Students graduating with the MFA degree are fully equipped to
contribute to the cultural life of our society in a number of capacities;
through the production of a broad array of types of artworks, the
organizing and curating of exhibitions, the founding and development
of galleries and exhibition venues, critical writing on contemporary art
and culture, and teaching at all levels, especially at the college and
university levels. The Hunter College MFA Program is widely
recognized as one of the preeminent programs in the country and
enjoys a worldwide reputation. The program receives over seven
hundred applications each year for approximately forty available
places.

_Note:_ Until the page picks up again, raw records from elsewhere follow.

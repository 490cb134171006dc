-- ===== src/Filesystem/Content.antt =====
-- `read` and `write` (src/filesystem.rs). Offsets and sizes are u32, and wrap.
pub mod Merge
pub mod Indices
pub mod Round
pub mod Write
pub mod Read
pub mod RoundTrip
pub mod Termination
use sqlitefs_temporal.Base.{
  ℕ, zero, suc, ◌+◌, ◌-◌, ◌*◌, ◌/◌, ◌%◌, ◌^◌, Bool, true, false, not, ◌==◌, ◌&&◌, ◌||◌, ltb, leb,
  Option, none, some, List, [], ◌++◌, length, if◌then◌else◌,
}
use sqlitefs_temporal.Base.Bytes.{Bytes, resize, slice}
use sqlitefs_temporal.Sqlite.Content.{block_size, get_data, write_data}
use sqlitefs_temporal.Filesystem.State.{
  next, SqliteFs, F, Handler, Reply, error, bytes, written, panicked, out_of_fuel, enoent, pure,
  return, gets, try, or_reply, handler, unless_read_only, recording, u32, u32_sub, ◌>>=◌, ◌>>◌,
}
use sqlitefs_temporal.Filesystem.Inodes.{fetch_block}

-- `if v.len() < n { v.resize(n, 0) }`
abbrev pub grow : ℕ → Bytes → Bytes
grow n v = if ltb (length v) n then resize n v else v

-- Where the part of a block ends that a read of `size` bytes takes.
abbrev pub read_end : ℕ → ℕ → ℕ
read_end size b_offset =
    if leb 1 (u32 (size + b_offset) / block_size) then block_size else u32 (size + b_offset)

-- The bytes of one round of `read`.
unfoldable pub read_part : ℕ → ℕ → ℕ → F Bytes
read_part ino offset size = do
  fetch ← gets (fetch_block ino (offset / block_size + 1) block_size)
  block_data ← try enoent fetch
  let b_end = read_end size (offset % block_size)
  or_reply panicked (slice (grow b_end block_data) (offset % block_size) b_end)

-- `while size > 0`
unfoldable pub read_loop : ℕ → ℕ → ℕ → ℕ → Bytes → F Reply
read_loop zero ino offset size data_read s = return out_of_fuel s
read_loop (suc fuel) ino offset size data_read s = elim (size == 0) [
  | true ↦ (next (bytes data_read), s)
  | false ↦
      (read_part ino offset size >>= λ part.
      let step = u32_sub (read_end size (offset % block_size)) (offset % block_size) in
      read_loop fuel ino (u32 (offset + step)) (u32_sub size step) (data_read ++ part))
        s
]

unfoldable pub read : ℕ → ℕ → ℕ → Handler
unfolding read_loop
read ino offset size = handler (read_loop (suc size) (u32 ino) (u32 offset) size [])

abbrev pub append_part : Option Bytes → Option Bytes → Option Bytes
append_part none b = none
append_part (some a) none = none
append_part (some a) (some b) = some (a ++ b)

-- What one round of `write` puts in a block that it fills in part: the new bytes, between those
-- that the block held.
unfoldable pub merge_block : Bytes → Bytes → ℕ → ℕ → ℕ → Option Bytes
merge_block data_pre blob data_offset b_start b_end =
    let pre = grow block_size data_pre in
    append_part (if b_start == 0 then some [] else slice pre 0 b_start) (
      append_part (slice blob data_offset (u32_sub (data_offset + b_end) b_start))
        (if b_end == block_size then some [] else slice pre b_end block_size))

-- The block as a whole, which is read first unless it is overwritten.
unfoldable pub block_to_write : ℕ → ℕ → Bytes → ℕ → ℕ → ℕ → F Bytes
block_to_write ino i blob data_offset b_start b_end s =
    if not (b_start == 0) || not (b_end == block_size)
    then (do
      data_pre ← try enoent (get_data s.db.read_only (recording s) ino i block_size)
      or_reply panicked (merge_block data_pre blob data_offset b_start b_end))
        s
    else or_reply panicked (slice blob data_offset (data_offset + block_size)) s

abbrev pub start_block : ℕ → ℕ
start_block offset = offset / block_size + 1

-- `offset + size - 1`, which wraps at a size of 0.
abbrev pub last_byte : ℕ → ℕ → ℕ
last_byte offset size = u32_sub (u32 (offset + size)) 1

abbrev pub end_block : ℕ → ℕ → ℕ
end_block offset size = last_byte offset size / block_size + 1

abbrev pub b_start_index : ℕ → ℕ → ℕ
b_start_index offset i = if i == start_block offset then offset % block_size else 0

abbrev pub b_end_index : ℕ → ℕ → ℕ → ℕ
b_end_index offset size i =
    if i == end_block offset size then last_byte offset size % block_size + 1 else block_size

abbrev pub data_offset_at : ℕ → ℕ → ℕ
data_offset_at offset i =
    if ltb (start_block offset) i
    then (i - start_block offset - 1) * block_size + block_size - offset % block_size
    else 0

-- One round of `for i in start_block..=end_block`
unfoldable pub write_round : ℕ → ℕ → Bytes → ℕ → F (Unit {0})
unfolding block_to_write merge_block
write_round ino offset blob i = do
  let size = u32 (length blob)
  let b_end = b_end_index offset size i
  block_data ← block_to_write ino i blob (data_offset_at offset i) (b_start_index offset i) b_end
  recorded ← gets recording
  try enoent (write_data recorded ino i block_data (u32 ((i - 1) * block_size + b_end)))

-- The rounds that are left, from block `i` on.
unfoldable pub write_loop : ℕ → ℕ → ℕ → Bytes → ℕ → F (Unit {0})
write_loop zero ino offset blob i = pure tt
write_loop (suc rounds) ino offset blob i = do
  write_round ino offset blob i
  write_loop rounds ino offset blob (i + 1)

unfoldable pub write : ℕ → ℕ → Bytes → Handler
unfolding write_loop
write ino offset64 blob = unless_read_only (do
  let size = u32 (length blob)
  let offset = u32 offset64
  write_loop (end_block offset size + 1 - start_block offset) (u32 ino) offset blob
      (start_block offset)
  pure (written size))
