-- ===== src/Filesystem/Content/Indices.antt =====
-- The index arithmetic of `write` (src/filesystem.rs), where the written range stays below 2^32.
use sqlitefs_temporal.Base.{ℕ, ◌+◌, ◌-◌, ◌*◌, ◌/◌, ◌%◌, ◌^◌, ◌≤◌, ◌<◌, ◌≡◌, ◌&&◌, ltb, leb, arith}
use sqlitefs_temporal.Sqlite.Content.{block_size}
use sqlitefs_temporal.Filesystem.Content.{last_byte, b_start_index, b_end_index, data_offset_at}

-- A non-empty range of `n` bytes, and a block that it meets.
pub record InRange (offset n i : ℕ) : Type 0 where
  pub nonempty : 0 < n
  pub below : offset + n < 2 ^ 32
  pub from : offset / block_size + 1 ≤ i
  pub upto : i ≤ (offset + n - 1) / block_size + 1

module _ (offset n i : ℕ) (h : InRange offset n i) where
  pub last_byte_lem : last_byte offset n ≡ offset + n - 1
  last_byte_lem = omega (arith, h.nonempty, h.below)

  pub start-le-end : b_start_index offset i ≤ b_end_index offset n i
  start-le-end = ground (arith, h.nonempty, h.below, h.from, h.upto, last_byte_lem)

  pub b_end_index-le : b_end_index offset n i ≤ block_size
  b_end_index-le = ground (arith, h.nonempty, h.below, h.from, h.upto, last_byte_lem)

  -- The data offset is where the block's first new byte stands in the data.
  pub position : (i - 1) * block_size + b_start_index offset i ≡ offset + data_offset_at offset i
  position = ground (arith, h.nonempty, h.below, h.from, h.upto)

  pub fits : data_offset_at offset i + (b_end_index offset n i - b_start_index offset i) ≤ n
  fits = ground (arith, h.nonempty, h.below, h.from, h.upto, last_byte_lem, position)

  -- The size that the block's write names is the end of the range, or of the block before that.
  pub end_position : (i - 1) * block_size + b_end_index offset n i ≤ offset + n
  end_position = ground (arith, h.nonempty, h.below, h.from, h.upto, last_byte_lem)

  pub last_position :
      i ≡ (offset + n - 1) / block_size + 1
      → (i - 1) * block_size + b_end_index offset n i ≡ offset + n
  last_position e = ground (arith, h.nonempty, h.below, h.from, h.upto, last_byte_lem)

  -- The positions of the block that are written are those of the range.
  pub written_iff :
      (p : ℕ)
      → p / block_size + 1 ≡ i
      → (leb (b_start_index offset i) (p % block_size)
          && ltb (p % block_size) (b_end_index offset n i))
        ≡ (leb offset p && ltb p (offset + n))
  written_iff p e = ground (arith, h.nonempty, h.below, h.from, h.upto, last_byte_lem)

  pub source_index :
      (p : ℕ)
      → p / block_size + 1 ≡ i
      → offset ≤ p
      → b_start_index offset i ≤ p % block_size
      → data_offset_at offset i + (p % block_size - b_start_index offset i) ≡ p - offset
  source_index p e o s = omega (arith, position, h.from)
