-- ===== src/Filesystem/Content/Merge.antt =====
-- The block that `write` of src/filesystem.rs puts together: new bytes between old ones.
use sqlitefs_temporal.Base.{
  ℕ, zero, suc, ◌+◌, ◌-◌, ◌≤◌, ◌<◌, ◌^◌, ◌≡◌, refl, inl, inr, some, [], ◌++◌, ◌==◌, ◌&&◌, ltb, leb,
  if◌then◌else◌, arith, Bool-cases, length, take, drop, length-take, length-drop,
}
use sqlitefs_temporal.Base.Bytes.{
  Bytes, byte, slice, slice_lem, byte-append, byte-part, byte-take, length-resize, byte-resize,
}
use sqlitefs_temporal.Sqlite.Content.{block_size}
use sqlitefs_temporal.Filesystem.State.{u32_sub}
use sqlitefs_temporal.Filesystem.Content.{grow, merge_block}

pub length-grow : (n : ℕ) (v : Bytes) → n ≤ length (grow n v)
length-grow n v = ground (arith, length-resize n v)

pub byte-grow : (n : ℕ) (v : Bytes) (q : ℕ) → q < n → byte (grow n v) q ≡ byte v q
byte-grow n v q h = ground (arith, byte-resize n v q)

-- The three parts of a merged block.
abbrev pub merged : Bytes → Bytes → ℕ → ℕ → ℕ → Bytes
merged pre blob d a b =
    take a (drop 0 pre) ++ (take (b - a) (drop d blob) ++ take (block_size - b) (drop b pre))

head_part :
    (pre : Bytes) (a : ℕ)
    → a ≤ length pre
    → (if a == 0 then some [] else slice pre 0 a) ≡ some (take a (drop 0 pre))
head_part pre zero h = refl
head_part pre (suc a) h = ground (arith, slice_lem pre 0 (suc a))

tail_part :
    (pre : Bytes) (b : ℕ)
    → b ≤ block_size
    → block_size ≤ length pre
    → (if b == block_size then some [] else slice pre b block_size)
      ≡ some (take (block_size - b) (drop b pre))
tail_part pre b h k = elim (Bool-cases (b == block_size)) [
  | inl e ↦ rw e (let z : 0 ≡ block_size - b = ground arith in rw (← z) refl)
  | inr n ↦ rw n (slice_lem pre b block_size h k)
]

pub merge_block-eq :
    (data_pre blob : Bytes) (d a b : ℕ)
    → a ≤ b
    → b ≤ block_size
    → d + (b - a) ≤ length blob
    → d + b < 2 ^ 32 + a
    → d + b < 2 ^ 33
    → merge_block data_pre blob d a b ≡ some (merged (grow block_size data_pre) blob d a b)
unfolding merge_block
merge_block-eq data_pre blob d a b ab bb fits wrap big =
    let pre = grow block_size data_pre in
    let e : u32_sub (d + b) a ≡ d + (b - a) = omega arith in
    let w : d + (b - a) - d ≡ b - a = omega arith in
    rw (
      e,
      head_part pre a (omega (arith, length-grow block_size data_pre)),
      tail_part pre b bb (length-grow block_size data_pre),
      slice_lem blob d (d + (b - a)) (omega arith) fits,
      w,
    )

pub byte-merged :
    (pre blob : Bytes) (d a b q : ℕ)
    → block_size ≤ length pre
    → a ≤ b
    → b ≤ block_size
    → d + (b - a) ≤ length blob
    → q < block_size
    → byte (merged pre blob d a b) q
      ≡ (if leb a q && ltb q b then byte blob (d + (q - a)) else byte pre q)
byte-merged pre blob d a b q room ab bb fits h =
    let mid = take (b - a) (drop d blob) in
    let end = take (block_size - b) (drop b pre) in
    let la : length (take a (drop 0 pre)) ≡ a = omega (arith, length-take a pre) in
    let lm : length mid ≡ b - a =
      omega (arith, length-take (b - a) (drop d blob), length-drop d blob) in
    ground (
      arith,
      la,
      lm,
      byte-append (take a (drop 0 pre)) (mid ++ end) q,
      byte-take a pre q,
      byte-append mid end (q - length (take a (drop 0 pre))),
      byte-part blob d (b - a) (q - length (take a (drop 0 pre))),
      byte-part pre b (block_size - b) (q - length (take a (drop 0 pre)) - length mid),
    )
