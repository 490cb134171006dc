-- ===== src/Sqlite/Local/Rows.antt =====
-- How `UPDATE metadata` changes the row of an inode (src/db_module/sqlite.rs).
use sqlitefs_temporal.Base.{
  ℕ, true, ◌≡◌, Option, none, some, List, [], ◌∷◌, ◌==◌, if◌then◌else◌, find?, any, arith,
}
use sqlitefs_temporal.Schema.{Connection, MetadataRow, update_where}
use sqlitefs_temporal.Sqlite.Local.{update_metadata, metadata_row, has_inode}

abbrev pub map_row : {A : Type 0} → (MetadataRow → A) → Option MetadataRow → Option A
map_row f none = none
map_row f (some r) = some (f r)

find?-update_where :
    (f : MetadataRow → MetadataRow)
    → ((r : MetadataRow) → (f r).id ≡ r.id)
    → (i j : ℕ) (rows : List MetadataRow)
    → find? (λ r. r.id == j) (update_where (λ r. r.id == i) f rows)
      ≡ (if i == j then map_row f (find? (λ r. r.id == j) rows) else find? (λ r. r.id == j) rows)
unfolding update_where
find?-update_where f keeps i j [] = ground arith
find?-update_where f keeps i j (r ∷ rows) =
    ground (arith, keeps r, find?-update_where f keeps i j rows)

-- An update that keeps the ids changes the row of its inode alone.
pub metadata_row-update_metadata :
    (f : MetadataRow → MetadataRow)
    → ((r : MetadataRow) → (f r).id ≡ r.id)
    → (i : ℕ) (c : Connection) (j : ℕ)
    → metadata_row (update_metadata i f c).1 j
      ≡ (if i == j then map_row f (metadata_row c j) else metadata_row c j)
unfolding update_metadata
metadata_row-update_metadata f keeps i c j = find?-update_where f keeps i j c.metadata.rows

-- The size column of an inode.
unfoldable pub size_of : Connection → ℕ → Option ℕ
size_of c j = map_row (λ r. r.size) (metadata_row c j)

pub has_inode-of-size_of : (c : Connection) (j n : ℕ) → size_of c j ≡ some n → has_inode c j ≡ true
unfolding size_of
has_inode-of-size_of c j n h = scan c.metadata.rows h
  where
    scan :
        (rows : List MetadataRow)
        → map_row (λ r. r.size) (find? (λ r. r.id == j) rows) ≡ some n
        → any (λ r. r.id == j) rows ≡ true
    scan [] e = ground arith
    scan (r ∷ rows) e = ground (arith, scan rows)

We receive applications from throughout the country and
around the world.
The Hunter College MFA Program has recently moved to 250
Hudson Street in Manhattan’s TriBeCa neighborhood. All Hunter
College Facilities, including and particularly the MFA building, are
smoke, drug and alcohol-free environments. The MFA Studio Building
is open for student use from 7:00am to 1:00am except for the last two
weeks of each semester when it is open for 24-hour access.